No entanto, a principal característica deste grupo é a propriedade tóxica do íon cianeto (CN), em inibir os enzimas da cadeia respiratória.
Existem relacionadas cerca de 42 reações enzimáticas que seriam inibidas pelo cianeto.
Sua ação mais importante, no entanto, é a inibição da citocromoxidase, impedindo a utilização do oxigênio pelas células. Apesar de o oxigênio continuar sendo carreado pela hemoglobina da hemácia, não pode ocorrer sua liberação e aproveitamento a nível tecidual, seguindo-se a morte por asfixia. Saturado de oxigênio, o sangue permanece arterial mesmo após alcançar a circulação venosa, vindo a provocar o aparecimento da cor vermelho-cereja que caracteriza a vítima.



DOENÇAS CAUSADAS POR GASES IRRITANTES
Gases irritantes são aqueles que causam irritação na mucosa ocular, na mucosa nasal, nos pulmões, na pele, etc. Os resultados de sua irritação são congestão, edema, inflamação e as vezes necrose. Os sintomas mais comuns são: ardor e lacrimejamento dos olhos, irritação da garganta, tosse, sufocação, conjuntivite, edema da pálpebra, salivação abundante, etc. Estas reações são comuns a todos os gases irritantes, mas a intensidade delas varia bastante dependendo da duração da exposição e da solubilidade do gás.
É claro que concentrações altas de um agente irritante podem produzir danos importantes em pouco tempo. Um agente que seja altamente solúvel em água, como por exemplo a amônia, age no primeiro tecido úmido que encontrar (mucosa nasal por exemplo). Um agente de moderada solubilidade (por exemplo, cloro) em baixa concentração pode comprometer apenas os olhos e a via respiratória alta; quando em concentração alta pode comprometer todo o aparelho respiratório.

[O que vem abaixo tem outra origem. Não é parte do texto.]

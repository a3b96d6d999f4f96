-- ===== src/Reading.antt =====
-- `dvdcss_seek` and `dvdcss_read` of src/libdvdcss.c: what a client calls.
pub mod Descrambled
pub mod Clients
mod Tests
use libdvdcss.Common.{
  ℕ, zero, suc, ◌+◌, Bool, true, false, not, ◌&&◌, ◌||◌, Option, none, some, List, [], ◌∷◌, ◌++◌,
  if◌then◌else◌, ◌==◌, take, drop, set, ◌&◌,
}
use libdvdcss.Keys.{DvdKey, byte, zero_key}
use libdvdcss.DiscKey.{key_eq}
use libdvdcss.Unscramble.{block_size, dvdcss_unscramble}
use libdvdcss.Dvdcss.{
  Dvdcss, Drive, Method, method_key, method_disc, method_title, pf_seek, pf_read,
}
use libdvdcss.Titles.{Library, Store, dvdcss_title}

-- `DVDCSS_SEEK_MPEG` and `DVDCSS_SEEK_KEY`.
pub record SeekFlags : Type 0 where
  pub seek_mpeg : Bool
  pub seek_key : Bool

unfoldable pub is_title : Method → Bool
is_title method_key = false
is_title method_disc = false
is_title method_title = true

unfoldable pub checks_title : SeekFlags → Method → Bool
checks_title flags method = (flags.seek_mpeg && not (is_title method)) || flags.seek_key

-- The result is the position reached, and `none` for -1.
unfoldable pub seek_blocks : Drive → ℕ → Library → Option ℕ × Library
seek_blocks drive blocks l =
    let (reached, css) = pf_seek drive blocks l.css in (reached, record l { css = css })

unfoldable pub seek_after : Drive → ℕ → Option (Bool × Library) → Option (Option ℕ × Library)
seek_after drive blocks none = none
seek_after drive blocks (some (true, l)) = some (seek_blocks drive blocks l)
seek_after drive blocks (some (false, l)) = some (none, l)

unfoldable pub dvdcss_seek :
    Drive → (DvdKey → Bool × DvdKey) → Store → ℕ → SeekFlags → Library → Option (Option ℕ × Library)
dvdcss_seek drive crack_disc_key store blocks flags l =
    if checks_title flags l.css.method
    then seek_after drive blocks (dvdcss_title drive crack_disc_key store blocks l)
    else some (seek_blocks drive blocks l)

-- A block at the head of the buffer is descrambled, and its scrambling bits are cleared.
unfoldable pub decrypt_block : DvdKey → List ℕ → List ℕ
decrypt_block key buffer =
    let clear = dvdcss_unscramble key buffer in set clear 0x14 (byte clear 0x14 & 0x8f)

unfoldable pub decrypt_blocks : DvdKey → ℕ → List ℕ → List ℕ
decrypt_blocks key zero buffer = buffer
decrypt_blocks key (suc n) buffer =
    let clear = decrypt_block key buffer in
    take block_size clear ++ decrypt_blocks key n (drop block_size clear)

-- Blocks that were read, with the title key; with a zero key they are only looked at.
unfoldable pub on_blocks : Dvdcss → Bool → ℕ × List ℕ → ℕ × List ℕ
on_blocks d decrypt (n, buffer) =
    if n == 0 || (not d.b_scrambled || (not decrypt || key_eq d.p_title_key zero_key))
    then (n, buffer)
    else (n, decrypt_blocks d.p_title_key n buffer)

unfoldable pub on_answer : Dvdcss → Bool → Option (ℕ × List ℕ) → Option (ℕ × List ℕ)
on_answer d decrypt none = none
on_answer d decrypt (some answer) = some (on_blocks d decrypt answer)

-- `decrypt` is `DVDCSS_READ_DECRYPT`. The result is the number of blocks and the buffer.
unfoldable pub dvdcss_read : Drive → ℕ → Bool → Dvdcss → Option (ℕ × List ℕ) × Dvdcss
dvdcss_read drive blocks decrypt d =
    let (answer, d') = pf_read drive blocks d in (on_answer d' decrypt answer, d')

Agentes de baixa solubilidade (por exemplo fosgênio e dióxido de nitrogênio) não lesam muito a via respiratória alta e chegam facilmente aos alvéolos pulmonares resultando em problemas mais graves como edema agudo do pulmão e pneumonite química.
Os agentes que passam desapercebidos e cujos efeitos são tardios, são mais perigosos que aqueles que lesam a parte alta da via respiratória, pois neste último caso, a vítima, consciente, retira-se do ambiente contaminado, protegendo-se.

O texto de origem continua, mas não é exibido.